2D via Lanczos to Tensor product basis?

[dlfivefifty]

@MikaelSlevinsky's transform work by first expanding in a tensor product basis, which contains non-polynomial terms, before transforming to a polynomial basis. For example, to compute OPs on the triangle we expand in the basis

P_k(x) P_j(y/(1-x))

(I'm using OPs on 0..1 here) which includes non-polynomial terms y/(1-x)^j, before converting to the polynomial basis

P_{n-k}^(2k+1,0)(x)(1-x)^kP_k(y/(1-x))

The point is polynomials in x and y are a subspace of the non-polynomial basis.

Does this technique translate to OPs on the disk (a la Dunkl & Xu, not Zernike)

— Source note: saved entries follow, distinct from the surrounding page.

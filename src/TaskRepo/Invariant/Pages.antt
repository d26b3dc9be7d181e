-- ===== src/TaskRepo/Invariant/Pages.antt =====
-- Reserving a page or a domain, and tying a document to a task, keep the tables consistent.
use get_magnet.Common.{
  ℕ, ◌==◌, refl, Option, none, some, String, List, [], ◌++◌, ◌∷◌, update, Ensures, Ensures-guard,
  Ensures-or_fail, Ensures->>=, Ensures->>, succeeds, inl, inr, Option-cases, arith, All-map,
  All-update, ◌<◌,
}
use get_magnet.CrawlPolicy.{Urls, Budget}
use get_magnet.Table.Rows.{CrawlTask, Reason, DomainRow}
use get_magnet.TaskRepo.Budgets.{
  initialize_run_budget, budget_row, reserve_page, check_page_url, check_url, reserve_domain,
  reserve_slot, reserve_task, reserve_row, settle, hostname_of,
}
use get_magnet.TaskRepo.Claims.{Claim, save_document}
use get_magnet.TaskRepo.Invariant.{IsConsistent, SameNumbers-refl, amend_rows-IsConsistent}
use get_magnet.TaskRepo.Invariant.Cancelling.{limit_event-IsConsistent}
use get_magnet.TaskRepo.Invariant.Runs.{IsRow-runs, run_is_active-update}
use get_magnet.TaskRepo.Store.{Db}

pub save_document-IsConsistent :
    (task_id document_id : ℕ) (db : Db)
    → IsConsistent db
    → IsConsistent (save_document task_id document_id db)
unfolding save_document
save_document-IsConsistent task_id document_id db v =
    amend_rows-IsConsistent db _ (λ t. t.id == task_id)
      (λ t. record t { output_document_id = some document_id }) (λ t. refl) (λ t. refl) refl
      (SameNumbers-refl _) refl refl refl
      (λ t h r. record { live = r.live; leased = r.leased; capped = r.capped }) v

settle-IsConsistent :
    (t : CrawlTask) (page_url : String) (r : Db × Option Reason)
    → IsConsistent r.0
    → IsConsistent (settle t page_url r).0
unfolding settle
settle-IsConsistent t page_url (db, none) v = v
settle-IsConsistent t page_url (db, some reason) v = limit_event-IsConsistent _ db v

domain_added :
    (rows : List DomainRow) (db : Db)
    → IsConsistent db
    → IsConsistent (record db { run_domains = rows })
domain_added rows db v = record {
  rows = v.rows;
  numbered = v.numbered;
  distinct = v.distinct;
  fresh_tasks = v.fresh_tasks;
  fresh_attempts = v.fresh_attempts;
  fresh_runs = v.fresh_runs;
}

reserve_domain-IsConsistent :
    (run_id : ℕ) (b : Budget) (hostname : String) (db : Db)
    → IsConsistent db
    → IsConsistent (reserve_domain run_id b hostname db).0
unfolding reserve_domain
reserve_domain-IsConsistent run_id b hostname db v = ground (
  arith,
  v,
  domain_added (db.run_domains ++ record { run_id = run_id; hostname = hostname } ∷ []) db v,
)

module _ (urls : Urls) where
  reserve_slot-IsConsistent :
      (b : Budget) (task : CrawlTask) (page_url : String) (db : Db)
      → IsConsistent db
      → IsConsistent (reserve_slot urls b task page_url db).0
  unfolding reserve_slot
  reserve_slot-IsConsistent b task page_url db v =
      let w = reserve_domain-IsConsistent task.run_id b (hostname_of urls page_url) db v in
      ground (
        arith,
        v,
        w,
        amend_rows-IsConsistent (reserve_domain task.run_id b (hostname_of urls page_url) db).0
            (record (reserve_domain task.run_id b (hostname_of urls page_url) db).0 {
              tasks =
                  update (λ t. t.id == task.id) (reserve_row (hostname_of urls page_url))
                    (reserve_domain task.run_id b (hostname_of urls page_url) db).0.tasks;
            })
            (λ t. t.id == task.id) (reserve_row (hostname_of urls page_url)) (λ t. refl) (λ t. refl)
            refl (SameNumbers-refl _) refl refl refl
            (λ t h r. record { live = r.live; leased = r.leased; capped = r.capped }) w,
      )

  reserve_task-IsConsistent :
      (now : ℕ) (b : Budget) (deadline : ℕ) (task : CrawlTask) (page_url : String) (db : Db)
      → IsConsistent db
      → IsConsistent (reserve_task urls now b deadline task page_url db).0
  unfolding reserve_task
  reserve_task-IsConsistent now b deadline task page_url db v =
      ground (arith, v, reserve_slot-IsConsistent b task page_url db v)

  pub reserve_page-IsConsistent :
      (now : ℕ) (claim : Claim) (page_url : String) (db : Db)
      → IsConsistent db
      → Ensures (λ r. IsConsistent r.0) (reserve_page urls now claim page_url db)
  unfolding reserve_page
  reserve_page-IsConsistent now claim page_url db v = Ensures-guard _ λ active.
      Ensures-guard _ λ fenced. Ensures->>= λ budget known. Ensures-or_fail _ λ limits there.
        Ensures-or_fail _ λ task found. succeeds (
          settle-IsConsistent task page_url _
            (reserve_task-IsConsistent now limits.0 limits.1 task page_url db v))

  check_url-IsConsistent :
      (now run_id : ℕ) (limits : Budget × ℕ) (page_url : String) (db : Db)
      → IsConsistent db
      → IsConsistent (check_url urls now run_id limits page_url db).0
  unfolding check_url
  check_url-IsConsistent now run_id (b, deadline) page_url db v =
      ground (arith, v, reserve_domain-IsConsistent run_id b (hostname_of urls page_url) db v)

  pub check_page_url-IsConsistent :
      (now : ℕ) (claim : Claim) (page_url : String) (db : Db)
      → IsConsistent db
      → Ensures (λ r. IsConsistent r.0) (check_page_url urls now claim page_url db)
  unfolding check_page_url
  check_page_url-IsConsistent now claim page_url db v = Ensures-guard _ λ active.
      Ensures->> λ fenced. Ensures->>= λ budget known. succeeds (
        settle-IsConsistent claim.task page_url _
          (check_url-IsConsistent now claim.task.run_id _ page_url db v))

  pub initialize_run_budget-IsConsistent :
      (run_id : ℕ) (db : Db)
      → IsConsistent db
      → Ensures (λ r. IsConsistent r.0) (initialize_run_budget urls run_id db)
  unfolding initialize_run_budget
  initialize_run_budget-IsConsistent run_id db v = Ensures-or_fail _ λ run found.
      elim (Option-cases run.budget) [
        | inr (b, stored) ↦ rw stored (succeeds v)
        | inl missing ↦ rw missing (
            Ensures->>= λ b valid. succeeds (record {
              rows =
                  All-map
                    (λ t r.
                      IsRow-runs db.runs _ t
                        (run_is_active-update (λ r. r.id == run_id) (budget_row b) (λ r. refl)
                          (λ r c h. h) t.run_id db.runs)
                        r)
                    db.tasks v.rows;
              numbered = v.numbered;
              distinct = v.distinct;
              fresh_tasks = v.fresh_tasks;
              fresh_attempts = v.fresh_attempts;
              fresh_runs =
                  All-update (λ r. r.id < db.next_run_id) (λ r. r.id == run_id) (budget_row b)
                    (λ r c p. p) db.runs v.fresh_runs;
            }))
      ]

C_{n-k}^(k)(x)*ρ(x)^k*T_k(y/ρ(x))

where ρ(x) = sqrt(1-x^2)? A tensor basis like

T_k(x) T_j(y/ρ(x))

does not seem to work here... seems like we'd need a sum-space frame that also includes ρ(x)*T_k(x)*T_j(y/ρ(x))....

What about ρ(x) = (1-x^4)^(1/4)? Now we wouldn't know the OP basis but perhaps we can represent it by the conversion to a bigger basis a la LanczosPolynomial.

[dlfivefifty]

Hmm, for the disk what about something like

P_k(ρ(x)) * T_j(y/ρ(x)), x*P_k(ρ(x)) * T_j(y/ρ(x))

whee P_k are orthogonal on 0..1. I think this contains all polynomials a subspace, and we can use even/odd in x for fast transforms?

For ρ(x) = (1-x^4)^(1/4) we would need two more:

x^j * P_k(ρ(x)) * T_j(y/ρ(x)) for j = 0:3

so the expansion part is not so clear...

[MikaelSlevinsky]

Yeah I think it works on the disk since it's quite a lot like spherical harmonics without the z = cos(theta) variable transformation.

Don't know about the quartic weight, but perhaps instead of Givens rotations the isométries can be factored in terms of short Householder reflectors.

[dlfivefifty]

Works on the disk from what basis? I’m not talking about the radial coordinates basis

[MikaelSlevinsky]

I think the Dunkl-Xu will work. Just needs implementing

[MikaelSlevinsky]

It works like this. I assume we have no problem in the even k case. You write:

C_{n-k}^(k)(x)*ρ(x)^k*T_k(y/ρ(x))

as polynomials in x times T_k(y/ρ(x)) by unrolling C_{n-k}^(k)(x)*ρ(x)^k via Givens rotations.

For odd k, you leave one power of ρ(x) behind (and use the fact that T_k is odd). Discrete sine and cosine transforms follow.